Stored items from a collection:
# # # # #

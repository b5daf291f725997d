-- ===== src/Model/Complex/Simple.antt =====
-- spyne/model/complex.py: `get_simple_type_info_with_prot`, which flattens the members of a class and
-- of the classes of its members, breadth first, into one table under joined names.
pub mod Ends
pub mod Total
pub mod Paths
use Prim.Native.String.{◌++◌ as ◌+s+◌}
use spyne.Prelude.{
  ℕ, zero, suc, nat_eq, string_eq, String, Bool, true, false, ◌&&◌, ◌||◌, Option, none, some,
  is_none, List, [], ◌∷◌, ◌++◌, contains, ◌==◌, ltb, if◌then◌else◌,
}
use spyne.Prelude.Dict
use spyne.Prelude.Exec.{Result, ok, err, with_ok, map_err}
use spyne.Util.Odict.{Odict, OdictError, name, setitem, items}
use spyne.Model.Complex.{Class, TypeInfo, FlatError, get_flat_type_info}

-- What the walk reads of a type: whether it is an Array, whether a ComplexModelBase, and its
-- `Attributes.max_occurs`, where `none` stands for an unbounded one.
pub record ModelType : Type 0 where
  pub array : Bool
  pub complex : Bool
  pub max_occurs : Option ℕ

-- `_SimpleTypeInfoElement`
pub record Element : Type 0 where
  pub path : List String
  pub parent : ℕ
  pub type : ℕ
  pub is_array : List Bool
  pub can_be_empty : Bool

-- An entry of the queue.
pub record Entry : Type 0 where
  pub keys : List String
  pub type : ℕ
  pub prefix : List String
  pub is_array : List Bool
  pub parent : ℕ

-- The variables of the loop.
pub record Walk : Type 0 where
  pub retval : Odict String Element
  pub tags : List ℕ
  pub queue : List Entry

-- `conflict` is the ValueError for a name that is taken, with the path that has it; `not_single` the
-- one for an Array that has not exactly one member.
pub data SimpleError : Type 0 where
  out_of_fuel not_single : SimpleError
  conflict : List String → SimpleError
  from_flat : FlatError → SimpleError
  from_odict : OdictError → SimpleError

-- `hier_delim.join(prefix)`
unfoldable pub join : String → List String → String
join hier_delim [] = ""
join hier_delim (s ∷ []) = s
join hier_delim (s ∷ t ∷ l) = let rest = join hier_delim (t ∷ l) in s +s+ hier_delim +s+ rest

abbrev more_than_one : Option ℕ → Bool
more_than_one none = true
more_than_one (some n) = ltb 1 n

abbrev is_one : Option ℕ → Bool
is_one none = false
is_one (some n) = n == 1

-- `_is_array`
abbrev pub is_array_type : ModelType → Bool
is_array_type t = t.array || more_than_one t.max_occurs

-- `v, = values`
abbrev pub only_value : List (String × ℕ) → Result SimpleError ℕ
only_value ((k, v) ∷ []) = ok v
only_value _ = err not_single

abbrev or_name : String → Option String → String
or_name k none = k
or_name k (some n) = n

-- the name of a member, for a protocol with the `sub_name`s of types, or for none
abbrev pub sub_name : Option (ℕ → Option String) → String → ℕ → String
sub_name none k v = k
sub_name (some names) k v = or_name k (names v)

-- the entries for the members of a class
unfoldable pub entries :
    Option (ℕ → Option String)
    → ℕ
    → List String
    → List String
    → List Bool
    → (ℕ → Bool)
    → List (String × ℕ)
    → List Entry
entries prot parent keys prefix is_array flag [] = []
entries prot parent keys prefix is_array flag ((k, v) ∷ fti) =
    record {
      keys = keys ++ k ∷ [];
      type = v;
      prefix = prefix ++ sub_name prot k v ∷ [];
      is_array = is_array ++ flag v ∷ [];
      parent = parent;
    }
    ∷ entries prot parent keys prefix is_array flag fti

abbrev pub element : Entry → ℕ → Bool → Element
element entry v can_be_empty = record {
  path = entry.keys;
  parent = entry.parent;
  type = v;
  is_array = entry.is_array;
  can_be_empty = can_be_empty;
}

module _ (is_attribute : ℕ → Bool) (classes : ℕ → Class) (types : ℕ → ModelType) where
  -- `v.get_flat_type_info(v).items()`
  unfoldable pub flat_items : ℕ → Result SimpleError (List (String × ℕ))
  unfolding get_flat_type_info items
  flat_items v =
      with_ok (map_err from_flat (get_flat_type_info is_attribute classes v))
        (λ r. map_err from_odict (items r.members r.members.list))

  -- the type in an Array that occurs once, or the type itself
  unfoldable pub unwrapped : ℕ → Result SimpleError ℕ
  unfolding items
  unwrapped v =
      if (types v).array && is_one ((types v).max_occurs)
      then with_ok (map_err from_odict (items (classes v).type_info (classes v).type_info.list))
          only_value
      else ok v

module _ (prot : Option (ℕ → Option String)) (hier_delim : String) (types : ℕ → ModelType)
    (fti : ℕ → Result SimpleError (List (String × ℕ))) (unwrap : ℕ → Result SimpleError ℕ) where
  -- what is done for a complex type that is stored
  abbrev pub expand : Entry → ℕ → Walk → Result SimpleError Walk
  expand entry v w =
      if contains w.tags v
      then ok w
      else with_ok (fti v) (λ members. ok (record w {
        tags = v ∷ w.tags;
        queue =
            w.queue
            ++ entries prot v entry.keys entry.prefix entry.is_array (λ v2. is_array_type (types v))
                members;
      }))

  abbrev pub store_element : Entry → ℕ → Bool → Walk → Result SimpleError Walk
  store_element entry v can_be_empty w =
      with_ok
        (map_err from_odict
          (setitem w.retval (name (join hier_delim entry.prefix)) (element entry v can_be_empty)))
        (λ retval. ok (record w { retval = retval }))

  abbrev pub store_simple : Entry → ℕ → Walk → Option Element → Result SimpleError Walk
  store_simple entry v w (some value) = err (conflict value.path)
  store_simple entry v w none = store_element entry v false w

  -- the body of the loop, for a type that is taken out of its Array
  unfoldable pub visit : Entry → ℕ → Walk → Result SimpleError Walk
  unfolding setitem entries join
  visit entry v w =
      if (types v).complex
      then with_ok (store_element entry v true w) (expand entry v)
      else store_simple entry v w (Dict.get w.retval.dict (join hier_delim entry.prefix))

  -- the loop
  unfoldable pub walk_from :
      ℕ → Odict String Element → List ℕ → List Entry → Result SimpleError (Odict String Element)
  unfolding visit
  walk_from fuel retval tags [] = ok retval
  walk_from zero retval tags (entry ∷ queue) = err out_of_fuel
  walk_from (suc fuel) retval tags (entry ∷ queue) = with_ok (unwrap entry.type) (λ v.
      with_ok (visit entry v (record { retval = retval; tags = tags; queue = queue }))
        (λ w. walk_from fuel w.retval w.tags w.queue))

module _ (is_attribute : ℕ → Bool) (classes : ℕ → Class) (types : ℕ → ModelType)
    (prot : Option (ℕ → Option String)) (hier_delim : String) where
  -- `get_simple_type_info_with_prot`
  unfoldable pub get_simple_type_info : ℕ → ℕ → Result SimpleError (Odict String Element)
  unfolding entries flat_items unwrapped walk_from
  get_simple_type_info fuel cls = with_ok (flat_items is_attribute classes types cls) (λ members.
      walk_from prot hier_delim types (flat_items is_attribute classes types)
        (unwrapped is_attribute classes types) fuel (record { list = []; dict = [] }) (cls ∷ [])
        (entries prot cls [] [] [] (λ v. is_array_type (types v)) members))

# # # # #

Problem to work on
Filter the data for the string "record". Copy each matching line.

Response to the exercise
pub record ModelType : Type 0 where
pub record Element : Type 0 where
pub record Entry : Type 0 where
pub record Walk : Type 0 where
    record {
element entry v can_be_empty = record {
      else with_ok (fti v) (λ members. ok (record w {
        (λ retval. ok (record w { retval = retval }))
      with_ok (visit entry v (record { retval = retval; tags = tags; queue = queue }))
        (unwrapped is_attribute classes types) fuel (record { list = []; dict = [] }) (cls ∷ [])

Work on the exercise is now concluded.